Define a team in JSON and load it at runtime:

[
  {
    "type":          "planner",
    "name":          "Planner",
    "description":   "Breaks tasks into steps",
    "provider":      "anthropic",
    "model_id":      "claude-sonnet-4-6",
    "system_prompt": "You are an expert planner.",
    "opts": { "temperature": 0.5 }
  },
  {
    "type":          "coder",
    "name":          "Coder",
    "description":   "Writes and edits code",
    "provider":      "ollama",
    "model_id":      "llama3.2",
    "system_prompt": "prompts/coder.md"
  }
]

system_prompt accepts an inline string or a .md/.txt path resolved relative to the template file. Valid providers are "anthropic", "openai", "google", "ollama", "llama_cpp".

The optional "tools" array lists tool names the agent should receive. Names are resolved at start time from the tool_pool: keyword passed to AgentSpec.to_start_opts/2:

{ "type": "coder", "tools": ["read", "write", "bash"], ... }
pool = Planck.Agent.BuiltinTools.all() ++ Planck.Agent.ExternalTool.load_all(dirs)

start_opts = AgentSpec.to_start_opts(spec,
  tool_pool:  pool,
  team_id:    team_id,
  session_id: session_id
)

Unknown names are silently ignored. When spec.tools is empty, to_start_opts/2 falls back to the tools: keyword — the behaviour before this feature was added.

alias Planck.Agent.{Agent, AgentSpec, Compactor, Team}

{:ok, team} = Team.load(".planck/teams/my-team")

tools_by_type = %{
  "planner" => [list_team_tool, delegate_task_tool, spawn_agent_tool],
  "coder"   => [read_file_tool, write_file_tool, bash_tool, send_response_tool]
}

team_id    = :crypto.strong_rand_bytes(8) |> Base.encode16(case: :lower)
session_id = :crypto.strong_rand_bytes(8) |> Base.encode16(case: :lower)

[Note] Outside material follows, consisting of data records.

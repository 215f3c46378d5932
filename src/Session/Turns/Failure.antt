-- ===== src/Session/Turns/Failure.antt =====
-- internal/session/session.go: a call of `Submit` whose write to the PTY fails.
use mathlib.Core.Path.{subst, subst₂}
use tatara_claude_code_wrapp.Common.{
  ℕ, ◌≡◌, ◌⊎◌, ◌∙◌, sym, refl, Bool, Option, none, some, String, arith, eq_iff, eq_refl, inl, inr,
  ◌+++◌,
}
use tatara_claude_code_wrapp.Session.State.{Manager, ready, Error, write_paste, write_submit}
use tatara_claude_code_wrapp.Session.Submit.{
  admit, refuse, reserve, SubmitInput, submit, submit_slot, submit_writes,
}
use tatara_claude_code_wrapp.Session.Slot.{write, fail_submit_write}
use tatara_claude_code_wrapp.Turn.Records.{running, failed}
use tatara_claude_code_wrapp.Turn.Laws.{status, status-create, status-fail}
use tatara_claude_code_wrapp.Turn.Frame.{error-fail}
use tatara_claude_code_wrapp.Session.Turns.{framed, admit-SameBut, refuse-SameBut, submit-admitted}

-- The error of the write that failed first.
abbrev pub failed_write : Option String → String → Error
failed_write (some paste) e = write_paste e
failed_write none e = write_submit e

-- What a submission answers and leaves behind whose paste or submit keystroke could not be written.
pub record WriteFailed (id : String) (err : Error) (r : Manager × Option Error) : Type 0 where
  pub answered : r.1 ≡ some err
  pub slot : r.0.current ≡ ""
  pub is_ready : r.0.state ≡ ready
  pub last : r.0.last_completed ≡ id
  pub recorded : status id r.0.store ≡ some failed

module _ (text callback_url : String) (x : SubmitInput) where
  status-reserve :
      (k : Manager) → status x.id (reserve x.id text callback_url x.now k).store ≡ some running
  unfolding reserve
  status-reserve k =
      ground (arith, eq_refl x.id, status-create x.id x.id k.store text callback_url x.now)

  fail_reserved :
      (stage e : String) (err : Error) (m1 : Manager)
      → m1.current ≡ x.id
      → status x.id m1.store ≡ some running
      → WriteFailed x.id err (fail_submit_write x.id stage e x.now m1, some err)
  unfolding fail_submit_write
  fail_reserved stage e err m1 held runs = ground (
    arith,
    eq_iff m1.current x.id,
    eq_refl x.id,
    error-fail x.id m1.store (stage +++ ": " +++ e) x.now,
    status-fail x.id x.id m1.store (stage +++ ": " +++ e) x.now,
  )

  writes_failed :
      (p : ℕ) (e : String) (m1 : Manager)
      → m1.current ≡ x.id
      → status x.id m1.store ≡ some running
      → (x.paste_error ≡ some e) ⊎ ((x.paste_error ≡ none) × (x.submit_error ≡ some e))
      → WriteFailed x.id (failed_write x.paste_error e) (submit_writes p text x m1)
  unfolding submit_writes
  writes_failed p e m1 held runs (inl f) =
      subst
        (λ o.
          WriteFailed x.id (failed_write o e)
            (submit_writes p text (record x { paste_error = o }) m1))
        (sym f) (fail_reserved "write pty paste" e (write_paste e) m1 held runs)
  writes_failed p e m1 held runs (inr (ok, f)) =
      subst₂
        (λ o o'.
          WriteFailed x.id (failed_write o e)
            (submit_writes p text (record x { paste_error = o; submit_error = o' }) m1))
        (sym ok) (sym f)
        (fail_reserved "write pty submit" e (write_submit e) (write p (framed m1 text) none m1) held
          runs)

  slot_failed :
      (p : ℕ) (e : String) (k : Manager)
      → refuse k ≡ none
      → k.w ≡ some p
      → (x.paste_error ≡ some e) ⊎ ((x.paste_error ≡ none) × (x.submit_error ≡ some e))
      → WriteFailed x.id (failed_write x.paste_error e) (submit_slot text callback_url x k)
  unfolding submit_slot
  slot_failed p e k free has f =
      rw (free, submit_slot)
        (rw has
          (writes_failed p e (reserve x.id text callback_url x.now k) refl (status-reserve k) f))

-- A submission that is admitted to a free session and whose paste or submit keystroke cannot be
-- written returns the error of the one of the two that failed first, records the turn as failed,
-- and leaves the session ready with the slot free.
pub submit-WriteFailed :
    (text callback_url : String) (handoff : Bool) (x : SubmitInput) (p : ℕ) (e : String)
    (m : Manager)
    → (admit handoff x.admit_now m).1 ≡ none
    → refuse m ≡ none
    → m.w ≡ some p
    → (x.paste_error ≡ some e) ⊎ ((x.paste_error ≡ none) × (x.submit_error ≡ some e))
    → WriteFailed x.id (failed_write x.paste_error e) (submit text callback_url handoff x m)
submit-WriteFailed text u handoff x p e m admitted free has f =
    let k = (admit handoff x.admit_now m).0 in
    let s = admit-SameBut handoff x.admit_now m in
    rw (submit-admitted text u handoff x m admitted)
      (slot_failed text u x p e k (refuse-SameBut s free) (s.w ∙ has) f)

Enum.each(team.members, fn spec ->
  {:ok, model} = Planck.AI.get_model(spec.provider, spec.model_id)
  tools = Map.get(tools_by_type, spec.type, [])

  start_opts =
    AgentSpec.to_start_opts(spec,
      tools: tools,
      team_id: team_id,
      session_id: session_id,
      on_compact: Compactor.build(model)
    )

  DynamicSupervisor.start_child(Planck.Agent.AgentSupervisor, {Agent, start_opts})
end)

Skills

Skills are reusable agent capabilities stored on the filesystem. Each skill is a directory containing a SKILL.md with YAML-style frontmatter:

.planck/skills/
  code_review/
    SKILL.md
    resources/
      rubric.md
---
name: code_review
description: Reviews code for correctness, style, and performance.
---

Review the provided code...

Load skills and inject them into an agent's system prompt:

alias Planck.Agent.Skill

skills = Skill.load_all(["~/.planck/skills"])

# Per-agent skill scoping is driven by spec.skills and skill_pool: in
# AgentSpec.to_start_opts/2 — see the Teams section.

Each skill entry includes the path to its SKILL.md file and its resources directory.

Dynamic tool management

Add and remove tools without restarting the agent:

Agent.add_tool(agent, new_tool)
Agent.remove_tool(agent, "tool_name")

Editing history

Truncate both the session and in-memory history to strictly before a given message. The message id is the SQLite row id (Message.id == db_id for persisted messages). A no-op for ephemeral agents.

Agent.rewind_to_message(agent, message_id)

Typically called via Planck.Headless.rewind_to_message/3 which also re-prompts the orchestrator with the edited text.

Configuration

planck_agent has no runtime configuration module. Every function that reads from disk (Session.start/2, Skill.load_all/1, ExternalTool.load_all/1, Compactor.load/1) takes its path(s) as an explicit argument. Applications using this library should resolve those paths themselves — or depend on planck_headless, which exposes Planck.Headless.Config for the full Planck stack.

Supervision tree

Planck.Agent.Supervisor  (strategy: :one_for_all)
 Phoenix.PubSub        (name: Planck.Agent.PubSub)
 Registry              (keys: :duplicate, name: Planck.Agent.Registry)
 Task.Supervisor       (name: Planck.Agent.TaskSupervisor)
 DynamicSupervisor     (name: Planck.Agent.SessionSupervisor)
    Planck.Agent.Session  (restart: :temporary)
 DynamicSupervisor     (name: Planck.Agent.AgentSupervisor)
     Planck.Agent (role: :orchestrator)
     Planck.Agent (role: :worker)

:one_for_all on the top-level supervisor ensures the Registry and PubSub always restart together — a stale Registry after a crash would leave agents unable to find each other.